The memorial to the victims of Babi Yar, in the shape of three connected stone arches with the name "Babi Yar" spelled out in Hebrew letters (באבי יאר), also commemorates the decimated Jewish communities of Bobruisk, Kovno, and Kiev with small brass plaques at the base of each arch. The memorial was erected over bone fragments from Babi Yar that were reinterred at the cemetery. The bones were brought out of Ukraine by three American college students in July 1971. The memorial was dedicated in 1972 by Israeli Prime Minister Golda Meir. The memorial is the site of an annual memorial ceremony on Yom HaShoah.

====Drohobych and Borysław====
A memorial to these decimated Ukrainian communities was erected in the late 1950s by the Association of Former Residents of Drohobycz, Borysław and Surrounding Towns, and an annual memorial service held here.

====Lithuanian Jewry====
The memorial to Lithuanian Jews killed in the Holocaust was unveiled in 1981 by the Association of Lithuanian Jews in Israel. The original monument included the names of 224 destroyed Lithuanian shtetls in raised bronze lettering. Remains of Jews executed at the Ninth Fort in Kaunas, Lithuania, were buried under the monument. In 2007 the monument was refurbished and the names of the shtetls were engraved on two black granite slabs on its base.

====Mir, Belarus====
The Mir memorial was erected by former residents of that town in 1950. An annual memorial ceremony is held here on the anniversary of the 9 November 1941 massacre of the inhabitants of the Mir Ghetto.

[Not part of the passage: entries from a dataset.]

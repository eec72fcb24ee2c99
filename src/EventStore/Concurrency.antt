-- ===== src/EventStore/Concurrency.antt =====
-- The optimistic lock of `append`: the unique constraint on an aggregate's versions.
use microservice_wallet_serv.Base.{
  ℕ, ◌+◌, ◌≡◌, refl, ◌∙◌, ap, Bool, true, false, ◌&&◌, ◌||◌, List, [], ◌∷◌, ◌++◌, arith, ◌==◌,
  ==_refl,
}
use microservice_wallet_serv.Errors.{Uuid, ok, err, optimistic_concurrency}
use microservice_wallet_serv.Errors.Exec.{rollback, bind_err}
use microservice_wallet_serv.Event.{WalletEvent}
use microservice_wallet_serv.EventStore.{EventRow, conflicts}
use microservice_wallet_serv.EventStore.Append.{
  Env, Call, Database, stored_row, append_event, append_loop, append,
}
use microservice_wallet_serv.EventStore.Stored.{append_event_lem, stored_rows, append_stores}

-- whether the store has an event of the aggregate at the version
unfoldable pub has_version : Uuid → ℕ → List EventRow → Bool
has_version id version [] = false
has_version id version (x ∷ xs) =
    (id == x.aggregate_id && version == x.aggregate_version) || has_version id version xs

has_version-conflicts :
    (r : EventRow) (rows : List EventRow)
    → has_version r.aggregate_id r.aggregate_version rows ≡ true
    → conflicts r rows ≡ true
unfolding has_version conflicts
has_version-conflicts r [] h = h
has_version-conflicts r (x ∷ rows) h = ground (arith, has_version-conflicts r rows)

has_version-append :
    (r : EventRow) (before after : List EventRow)
    → has_version r.aggregate_id r.aggregate_version (before ++ r ∷ after) ≡ true
unfolding has_version
has_version-append r [] after = ground (arith, ==_refl r.aggregate_id, ==_refl r.aggregate_version)
has_version-append r (x ∷ before) after = ground (arith, has_version-append r before after)

module _ (env : Env) (call : Call) where
  -- When the store already has the aggregate's version after the expected one, `append` of one
  -- event or more raises OptimisticConcurrencyError with that version as the actual one, and
  -- changes nothing.
  append_refused :
      (e : WalletEvent) (es : List WalletEvent) (db : Database)
      → has_version call.aggregate_id (call.expected_version + 1) db.events ≡ true
      → append env call (e ∷ es) db ≡ (
        err (
            optimistic_concurrency call.aggregate_id call.expected_version
              (call.expected_version + 1)),
        db,
      )
  unfolding append append_loop stored_row
  append_refused e es db h =
      let clash =
        has_version-conflicts (stored_row env call (call.expected_version + 1) e) db.events h in
      let run : append_event env call (call.expected_version + 1) e db ≡ (
        err (
            optimistic_concurrency call.aggregate_id call.expected_version
              (call.expected_version + 1)),
        db,
      ) =
        rw (append_event_lem env call (call.expected_version + 1) e db) (rw clash refl) in
      ap (rollback db) (
        bind_err (append_event env call (call.expected_version + 1) e)
          (λ _. append_loop env call (call.expected_version + 1) es) db run)

-- Two writers have loaded an aggregate at the same version, and each has at least one event. When
-- the first one's append has gone through, the second one's is refused with
-- OptimisticConcurrencyError and changes nothing, whatever the events are, and whatever ids and
-- times the rows of the two take.
pub second_writer_refused :
    (env later : Env) (first second : Call) (e f : WalletEvent) (es fs : List WalletEvent)
    (db : Database)
    → second.aggregate_id ≡ first.aggregate_id
    → second.expected_version ≡ first.expected_version
    → (append env first (e ∷ es) db).0 ≡ ok tt
    → let db' = (append env first (e ∷ es) db).1 in
      append later second (f ∷ fs) db' ≡ (
        err (
            optimistic_concurrency second.aggregate_id second.expected_version
              (second.expected_version + 1)),
        db',
      )
unfolding stored_rows stored_row
second_writer_refused env later first second e f es fs db same_id same_version h =
    append_refused later second f fs (append env first (e ∷ es) db).1 (
      rw (same_id, same_version)
        (ap (has_version first.aggregate_id (first.expected_version + 1))
            (append_stores env first (e ∷ es) db h).0
          ∙ has_version-append (stored_row env first (first.expected_version + 1) e) db.events
              (stored_rows env first (first.expected_version + 1) es)))
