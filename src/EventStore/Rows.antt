-- ===== src/EventStore/Rows.antt =====
-- What the load of wallet_command_repo.py makes of the rows that `append` has stored.
use microservice_wallet_serv.Base.{
  ℕ, ◌+◌, ◌≤◌, ◌≡◌, refl, ap, List, [], ◌∷◌, ◌++◌, length, arith, ==_refl,
}
use microservice_wallet_serv.Base.Text.{Text, same_text_refl}
use microservice_wallet_serv.Errors.{Uuid, ok}
use microservice_wallet_serv.Event.{WalletEvent}
use microservice_wallet_serv.Event.Serial.{Fresh}
use microservice_wallet_serv.Event.RoundTrip.{event_round_trip}
use microservice_wallet_serv.Aggregate.{WalletAggregate, when}
use microservice_wallet_serv.Aggregate.Replay.{replay}
use microservice_wallet_serv.EventStore.{EventRow, stream, insert_by_version, order_by_version}
use microservice_wallet_serv.EventStore.Append.{Env, Call, stored_row}
use microservice_wallet_serv.EventStore.Stored.{stored_rows}
use microservice_wallet_serv.EventStore.Load.{decode_row, rehydrate, last_version}

pub stream-append :
    (id : Uuid) (t : Text) (xs ys : List EventRow)
    → stream id t (xs ++ ys) ≡ stream id t xs ++ stream id t ys
unfolding stream
stream-append id t [] ys = refl
stream-append id t (x ∷ xs) ys = ground (arith, stream-append id t xs ys)

module _ (env : Env) (call : Call) where
  pub decode_row-stored_row :
      (fresh : Fresh) (v : ℕ) (e : WalletEvent)
      → decode_row env.codec fresh (stored_row env call v e) ≡ ok e
  unfolding decode_row stored_row
  decode_row-stored_row fresh v e = (event_round_trip env.codec fresh e).0

  pub rehydrate-stored_rows :
      (fresh : Fresh) (v : ℕ) (es : List WalletEvent) (a : WalletAggregate)
      → rehydrate env.codec fresh (stored_rows env call v es) a ≡ ok (replay a es)
  unfolding rehydrate stored_rows replay
  rehydrate-stored_rows fresh v [] a = refl
  rehydrate-stored_rows fresh v (e ∷ es) a =
      rw (decode_row-stored_row fresh (v + 1) e) (rehydrate-stored_rows fresh (v + 1) es (when e a))

  pub stream-stored_rows :
      (v : ℕ) (es : List WalletEvent)
      → stream call.aggregate_id call.aggregate_type (stored_rows env call v es)
        ≡ stored_rows env call v es
  unfolding stream stored_rows stored_row
  stream-stored_rows v [] = refl
  stream-stored_rows v (e ∷ es) =
      rw (==_refl call.aggregate_id, same_text_refl call.aggregate_type)
        (ap (λ rows. stored_row env call (v + 1) e ∷ rows) (stream-stored_rows (v + 1) es))

  insert-stored_rows :
      (v w : ℕ) (e : WalletEvent) (es : List WalletEvent)
      → v ≤ w
      → insert_by_version (stored_row env call v e) (stored_rows env call w es)
        ≡ stored_row env call v e ∷ stored_rows env call w es
  unfolding insert_by_version stored_rows stored_row
  insert-stored_rows v w e [] h = refl
  insert-stored_rows v w e (f ∷ es) h = ground arith

  pub order-stored_rows :
      (v : ℕ) (es : List WalletEvent)
      → order_by_version (stored_rows env call v es) ≡ stored_rows env call v es
  unfolding order_by_version stored_rows
  order-stored_rows v [] = refl
  order-stored_rows v (e ∷ es) =
      rw (order-stored_rows (v + 1) es) (insert-stored_rows (v + 1) (v + 1) e es (omega arith))

  pub last_version-stored_rows :
      (v : ℕ) (e : WalletEvent) (es : List WalletEvent)
      → last_version (stored_row env call (v + 1) e) (stored_rows env call (v + 1) es)
        ≡ v + length (e ∷ es)
  unfolding last_version stored_rows stored_row
  last_version-stored_rows v e [] = omega arith
  last_version-stored_rows v e (f ∷ es) = omega (arith, last_version-stored_rows (v + 1) f es)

====Podwolocyska, Ukraine====
The Committee for the Organization of Ex-Citizens of Podwolocyska established this memorial, which incorporates blood-soaked earth gathered from the mass grave in that shtetl. A memorial service is held here each year on 7 Tammuz, the date of the massacre of the Jews of Podwolocyska.

====Treblinka====
A memorial to Jews murdered at the Treblinka extermination camp was erected in 1963 by the Chief Rabbi of Tel Aviv-Jaffa, Rabbi Yitzhak Yedidya Frankel. Frankel constructed the stone memorial after traveling to Poland with an Israeli delegation in 1963 to attend a Polish government ceremony commemorating the 20th anniversary of the Warsaw Ghetto Uprising. On their side trip to the Treblinka extermination camp, Frankel witnessed a field strewn with human bones, and was told that while the locals continually tried to bury and even pour asphalt over the mass grave, the bones continually rose to the surface. Frankel gathered up some of the bones in a newspaper and returned with them to Tel Aviv, where he built the memorial and buried the bones beneath it.